Вид пришедшего возницы смутил купца, а кого бы не смутил? Но госпожа говорила с кучером так, что купец подумал сразу, что верен он ей, и побаиваться его перестал, а стал доставать и показывать товар. И показывал он не кучеру, а госпоже, и та только говорила, указывая перстом:
— Те чулки мне по нраву, в пору ли будут ему?
— В пору, госпожа, в пору, — убеждал ее купчишка, — то на великих людей шиты чулки. Коли желает примерить, так пусть берет.
— А колет этот в пору ему будет? — спрашивала она.
— Примерим немедля, — заверял купец, помогая кучеру одеться.
Все брала ему она одежду и брала: и панталоны огромные, все в разрезах, и рубахи с кружевными манжетами, и берет с пером, так как доброй шляпы по размеру сыскать не удалось, и пояс шелковый. А купец был рад, вещи-то все недешевые. И главное, что юная госпожа ни разу даже цену не спросила. У купца уже руки от предвкушения тряслись, кучер уже одет был с головы до ног и башмаки отличные примерял, купец боялся, что сейчас скажет ей цену, а она в крик удариться, он паузу сделал, прежде чем сказать:
— Четыре талера, шестьдесят шесть крейцеров, — он улыбался, склонился до роста ее, чтобы в глаза госпоже заглянуть.
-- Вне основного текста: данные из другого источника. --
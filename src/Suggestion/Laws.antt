-- ===== src/Suggestion/Laws.antt =====
-- When the panels send a request, and which one: the presses, one by one.
use mathlib.Core.List.{Memᴰ}
use profit_decision_engine.Prelude.{
  ℕ, Option, none, get_elem?, Memᴰ-get_elem?, refl, some, Bool, true, false, not, ◌&&◌, ◌==◌, ◌≡◌,
  arith, truthy,
}
use profit_decision_engine.Schema.{SuggestionDetail, OaNotification, ClearanceCompletion}
use profit_decision_engine.Api.{
  Request, Track, inventory, execute_action, record_action_result, submit_clearance_completion,
  send_oa_notification, retry_oa_notification, ClearanceDecision, override_suggestion,
  terminate_suggestion, review_clearance_completion,
}
use profit_decision_engine.Suggestion.Feedback.{Browser, is_running, blank, is_text, is_approved}
use profit_decision_engine.Suggestion.Operations.{
  OperationsPanel, press_execute, execute, press_result, press_clearance, press_oa_send,
  press_oa_retry, resend, can_execute, is_inventory, note_of, version_of, has_executed,
  can_submit_clearance, submission, offers_retry,
}
use profit_decision_engine.Suggestion.Supervisor.{
  SupervisorPanel, press_override, press_terminate, review_completion, can_override, can_terminate,
  can_decide, or_null,
}

module _ (browser : Browser) (detail : SuggestionDetail) (panel : OperationsPanel)
    (r : Request) where
  open browser use {encode, key, date, instant}

  pub press_execute-some :
      (track : Track) (agreed : Bool)
      → (press_execute browser detail track agreed panel).1 ≡ some r
      → (can_execute detail track ≡ true)
        × (is_running panel.command ≡ false)
        × (agreed ≡ true)
        × ((is_inventory track && blank (note_of panel track)) ≡ false)
        × ((is_text detail.item.effective_business_action "observe"
              && (not (is_inventory track) && blank (note_of panel track)))
            ≡ false)
        × (r
            ≡ execute_action encode key detail.item.task_id track
                (version_of detail track)
                (note_of panel track))
  unfolding press_execute execute
  press_execute-some track agreed e = ground arith

  pub press_result-some :
      (agreed : Bool)
      → (press_result browser detail agreed panel).1 ≡ some r
      → (is_approved detail.item.review_status ≡ true)
        × (has_executed detail ≡ true)
        × (is_running panel.result ≡ false)
        × (agreed ≡ true)
        × (truthy panel.period_start ≡ true)
        × (truthy panel.period_end ≡ true)
        × (blank panel.result_note ≡ false)
        × (r
            ≡ record_action_result encode key detail.item.task_id (submission browser detail panel))
  unfolding press_result
  press_result-some agreed e = ground arith

  pub press_clearance-some :
      (agreed : Bool)
      → (press_clearance browser detail agreed panel).1 ≡ some r
      → (is_approved detail.item.review_status ≡ true)
        × (can_submit_clearance detail ≡ true)
        × (is_running panel.clearance ≡ false)
        × (agreed ≡ true)
        × (truthy panel.completed_at ≡ true)
        × (blank panel.clearance_note ≡ false)
        × (r
            ≡ submit_clearance_completion encode key detail.item.task_id
                (instant panel.completed_at)
                panel.clearance_note
                detail.item.business_version)
  unfolding press_clearance
  press_clearance-some agreed e = ground arith

  pub press_oa_send-some :
      (press_oa_send browser detail panel).1 ≡ some r
      → (can_execute detail inventory ≡ true)
        × (is_running panel.oa_send ≡ false)
        × (blank panel.oa_recipient ≡ false)
        × (blank panel.oa_request ≡ false)
        × (r ≡ send_oa_notification encode detail.item.task_id panel.oa_recipient panel.oa_request)
  unfolding press_oa_send
  press_oa_send-some e = ground arith

  resend-some :
      (n : OaNotification)
      → (resend browser detail (some n) panel).1 ≡ some r
      → (is_approved detail.item.review_status ≡ true)
        × (offers_retry detail n ≡ true)
        × (is_running panel.oa_retry ≡ false)
        × (r ≡ retry_oa_notification encode key detail.item.task_id n.id)
  unfolding resend
  resend-some n e = ground arith

  resend-listed :
      (o : Option OaNotification)
      → ((n : OaNotification) → o ≡ some n → Memᴰ n detail.notifications)
      → (resend browser detail o panel).1 ≡ some r
      → (n : OaNotification) × Memᴰ n detail.notifications
        × (is_approved detail.item.review_status ≡ true)
        × (offers_retry detail n ≡ true)
        × (r ≡ retry_oa_notification encode key detail.item.task_id n.id)
  unfolding resend
  resend-listed none listed e = cc
  resend-listed (some n) listed e =
      let (p, o, _, same) = resend-some n e in (n, listed n refl, p, o, same)

  pub press_oa_retry-some :
      (i : ℕ)
      → (press_oa_retry browser detail i panel).1 ≡ some r
      → (n : OaNotification) × Memᴰ n detail.notifications
        × (is_approved detail.item.review_status ≡ true)
        × (offers_retry detail n ≡ true)
        × (r ≡ retry_oa_notification encode key detail.item.task_id n.id)
  unfolding press_oa_retry
  press_oa_retry-some i e =
      resend-listed (get_elem? detail.notifications i)
        (λ n. Memᴰ-get_elem? detail.notifications i n) e

module _ (browser : Browser) (detail : SuggestionDetail) (panel : SupervisorPanel)
    (r : Request) where
  open browser use {encode, key, date}

  pub press_override-some :
      (agreed : Bool)
      → (press_override browser detail agreed panel).1 ≡ some r
      → (can_override detail ≡ true)
        × (blank panel.reason ≡ false)
        × (is_running panel.overriding ≡ false)
        × (agreed ≡ true)
        × (r
            ≡ override_suggestion encode key detail.item.link_id panel.business_action
                (or_null panel.inventory_action)
                panel.reason
                detail.item.review_version)
  unfolding press_override
  press_override-some agreed e = ground arith

  pub press_terminate-some :
      (agreed : Bool)
      → (press_terminate browser detail agreed panel).1 ≡ some r
      → (can_terminate detail ≡ true)
        × (blank panel.reason ≡ false)
        × (is_running panel.terminating ≡ false)
        × (agreed ≡ true)
        × (r
            ≡ terminate_suggestion encode key detail.item.link_id panel.reason
                detail.item.review_version)
  unfolding press_terminate
  press_terminate-some agreed e = ground arith

  pub review_completion-some :
      (decision : ClearanceDecision) (c : ClearanceCompletion)
      → (review_completion browser (some c) detail decision panel).1 ≡ some r
      → ((c.status == "pending_confirmation") ≡ true)
        × (can_decide browser decision panel ≡ true)
        × (r
            ≡ review_clearance_completion encode key detail.item.task_id decision
                panel.return_reason c.submission_version)
  unfolding review_completion
  review_completion-some decision c e = ground arith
Ждал ответа, торговаться был готов, готов был до трех талеров отступить, если торг пойдет, а то и до двух восьмидесяти, но торговаться не пришлось, юная госпожа сказала ему, беря шаль с лотка:
— Хорошо, только еще шаль эту возьму для дуры совей, — она небрежно кинула шаль своей служанке и достала из кошеля на поясе золотую монету. Показала ему. — Сдача у тебя будет?
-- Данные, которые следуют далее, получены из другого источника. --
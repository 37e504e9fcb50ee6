-- ===== src/Suggestion/Commands.antt =====
-- Every step of the detail page sends only what is allowed.
use profit_decision_engine.Prelude.{
  Option, none, some, Bool, true, false, ◌&&◌, ◌≡◌, refl, arith, inl, inr, Bool-cases,
}
use profit_decision_engine.Access.Session.{BusinessRole, operations, supervisor}
use profit_decision_engine.Schema.{ReviewStatus, pending, ClearanceCompletion}
use profit_decision_engine.Api.{
  Request, business, inventory, ClearanceDecision, returned, confirmed, review_suggestion,
}
use profit_decision_engine.Suggestion.Feedback.{Browser, blank, is_pending_review}
use profit_decision_engine.Suggestion.Supervisor.{can_decide, press_review, review_completion}
use profit_decision_engine.Suggestion.Page.{
  DetailPage, Event, step, press_submit_review, submit_review, press_ai_retry, shows_supervision,
  shows_operations, supervises, operates, is_reject, operate, supervise, Operation, executing,
  saving_result, submitting_clearance, sending, resending, Supervision, overriding, terminating,
  deciding, chose, wrote, edited_operations, edited_supervision, pressed_review, pressed_ai_retry,
  pressed_operation, pressed_supervision, answered,
}
use profit_decision_engine.Suggestion.Laws.{
  press_execute-some, press_result-some, press_clearance-some, press_oa_send-some,
  press_oa_retry-some, press_override-some, press_terminate-some, review_completion-some,
}
use profit_decision_engine.Suggestion.Allowed.{
  ActsAs, Allowed, review, override, terminate, review_clearance, execute_business,
  execute_inventory, save_result, submit_clearance, send_oa, retry_oa, retry_ai,
}

supervises-true :
    (role : Option BusinessRole) (history_mode : Bool)
    → supervises role history_mode ≡ true
    → (history_mode ≡ false) × (role ≡ some supervisor)
supervises-true none m h = cc
supervises-true (some operations) m h = cc
supervises-true (some supervisor) false h = (refl, refl)
supervises-true (some supervisor) true h = cc

operates-true :
    (role : Option BusinessRole) (history_mode : Bool)
    → operates role history_mode ≡ true
    → (history_mode ≡ false) × (role ≡ some operations)
operates-true none m h = cc
operates-true (some supervisor) m h = cc
operates-true (some operations) false h = (refl, refl)
operates-true (some operations) true h = cc

is_pending_review-true : (s : ReviewStatus) → is_pending_review s ≡ true → s ≡ pending
is_pending_review-true pending h = refl
is_pending_review-true ReviewStatus.approved h = cc
is_pending_review-true ReviewStatus.rejected h = cc

module _ (browser : Browser) where
  open browser use {encode, key, instant}

  shows_supervision-ActsAs :
      (page : DetailPage) → shows_supervision page ≡ true → ActsAs supervisor page
  shows_supervision-ActsAs page h =
      let (c, q) = supervises-true page.role page.history_mode h in
      record { current = c; holds = q }

  shows_operations-ActsAs :
      (page : DetailPage) → shows_operations page ≡ true → ActsAs operations page
  shows_operations-ActsAs page h =
      let (c, q) = operates-true page.role page.history_mode h in record { current = c; holds = q }

  press_submit_review-some :
      (page : DetailPage) (agreed : Bool) (r : Request)
      → (press_submit_review browser agreed page).1 ≡ some r
      → (shows_supervision page ≡ true)
        × (is_pending_review page.detail.item.review_status ≡ true)
        × ((is_reject page.review_choice && blank page.note) ≡ false)
        × (r
            ≡ review_suggestion encode key page.link_id page.review_choice page.note
                page.detail.item.review_version)
  unfolding press_submit_review submit_review
  press_submit_review-some page agreed r e = ground arith

  review-Allowed :
      (page : DetailPage) (agreed : Bool) (r : Request)
      → (press_submit_review browser agreed page).1 ≡ some r
      → Allowed browser page r
  review-Allowed page agreed r e =
      let (shown, waits, noted, same) = press_submit_review-some page agreed r e in
      review (shows_supervision-ActsAs page shown)
        (is_pending_review-true page.detail.item.review_status waits) (λ c. rw c at noted) same

  ai-Allowed :
      (page : DetailPage) (r : Request)
      → (press_ai_retry browser page).1 ≡ some r
      → Allowed browser page r
  unfolding press_ai_retry
  ai-Allowed page r e = retry_ai (ground arith) (ground arith) (ground arith)

  operate-Allowed :
      (page : DetailPage) (o : Operation) (r : Request)
      → ActsAs operations page
      → (operate browser o page).1 ≡ some r
      → Allowed browser page r
  unfolding operate
  operate-Allowed page (executing business agreed) r a e =
      let (c, _, _, _, observed, same) =
        press_execute-some browser page.detail page.operating r business agreed e in
      execute_business a c (λ t. ground arith) same
  operate-Allowed page (executing inventory agreed) r a e =
      let (c, _, _, note, _, same) =
        press_execute-some browser page.detail page.operating r inventory agreed e in
      execute_inventory a c note same
  operate-Allowed page (saving_result agreed) r a e =
      let (p, x, _, _, _, _, note, same) =
        press_result-some browser page.detail page.operating r agreed e in
      save_result a p x note same
  operate-Allowed page (submitting_clearance agreed) r a e =
      let (p, x, _, _, _, note, same) =
        press_clearance-some browser page.detail page.operating r agreed e in
      submit_clearance a p x note same
  operate-Allowed page sending r a e =
      let (c, _, to, text, same) = press_oa_send-some browser page.detail page.operating r e in
      send_oa a c to text same
  operate-Allowed page (resending i) r a e =
      let (n, listed, p, o, same) = press_oa_retry-some browser page.detail page.operating r i e in
      retry_oa a p n listed o same

  clearance-Allowed :
      (page : DetailPage) (d : ClearanceDecision) (r : Request)
      → ActsAs supervisor page
      → (o : Option ClearanceCompletion) → page.detail.clearance_completion ≡ o
      → (review_completion browser o page.detail d page.supervising).1 ≡ some r
      → Allowed browser page r
  unfolding review_completion can_decide
  clearance-Allowed page d r a none q e = cc
  clearance-Allowed page confirmed r a (some c) q e =
      let (s, _, same) =
        review_completion-some browser page.detail page.supervising r confirmed c e in
      review_clearance a confirmed c q s (λ x. cc) same
  clearance-Allowed page returned r a (some c) q e =
      let (s, k, same) =
        review_completion-some browser page.detail page.supervising r returned c e in
      review_clearance a returned c q s (λ x. ground arith) same

  supervise-Allowed :
      (page : DetailPage) (s : Supervision) (r : Request)
      → ActsAs supervisor page
      → (supervise browser s page).1 ≡ some r
      → Allowed browser page r
  unfolding supervise press_review
  supervise-Allowed page (overriding agreed) r a e =
      let (c, why, _, _, same) =
        press_override-some browser page.detail page.supervising r agreed e in
      override a c why same
  supervise-Allowed page (terminating agreed) r a e =
      let (c, why, _, _, same) =
        press_terminate-some browser page.detail page.supervising r agreed e in
      terminate a c why same
  supervise-Allowed page (deciding d) r a e =
      clearance-Allowed page d r a page.detail.clearance_completion refl e

  -- Every request that a step of the page sends is allowed: the session has the role, the page is
  -- not in history mode, the track or review is in the right state, the required texts are not
  -- blank, and the request carries the version that the page shows.
  pub step-Allowed :
      (page : DetailPage) (event : Event) (r : Request)
      → (step browser event page).1 ≡ some r
      → Allowed browser page r
  unfolding step
  step-Allowed page (chose d) r e = cc
  step-Allowed page (wrote t) r e = cc
  step-Allowed page (edited_operations p) r e = cc
  step-Allowed page (edited_supervision p) r e = cc
  step-Allowed page (pressed_review agreed) r e = review-Allowed page agreed r e
  step-Allowed page pressed_ai_retry r e = ai-Allowed page r e
  step-Allowed page (pressed_operation o) r e = elim (Bool-cases (shows_operations page)) [
    | inl h ↦ operate-Allowed page o r (shows_operations-ActsAs page h) (rw h at e)
    | inr h ↦ cc (let g : none ≡ some r = rw h at e in g)
  ]
  step-Allowed page (pressed_supervision s) r e = elim (Bool-cases (shows_supervision page)) [
    | inl h ↦ supervise-Allowed page s r (shows_supervision-ActsAs page h) (rw h at e)
    | inr h ↦ cc (let g : none ≡ some r = rw h at e in g)
  ]
  step-Allowed page (answered c o) r e = cc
Купчишка на монету глянул, опытный он был в торговых делах и в денежных тоже, сразу заметил, что монета стара, и решил еще и на этом заработать:
— Госпожа, гульден ваш не нов, весу много потерял за годы хождения, цена его едва ли больше пятнадцати талеров будет, — изображая большое сожаление на лице, врал Ленгфельд.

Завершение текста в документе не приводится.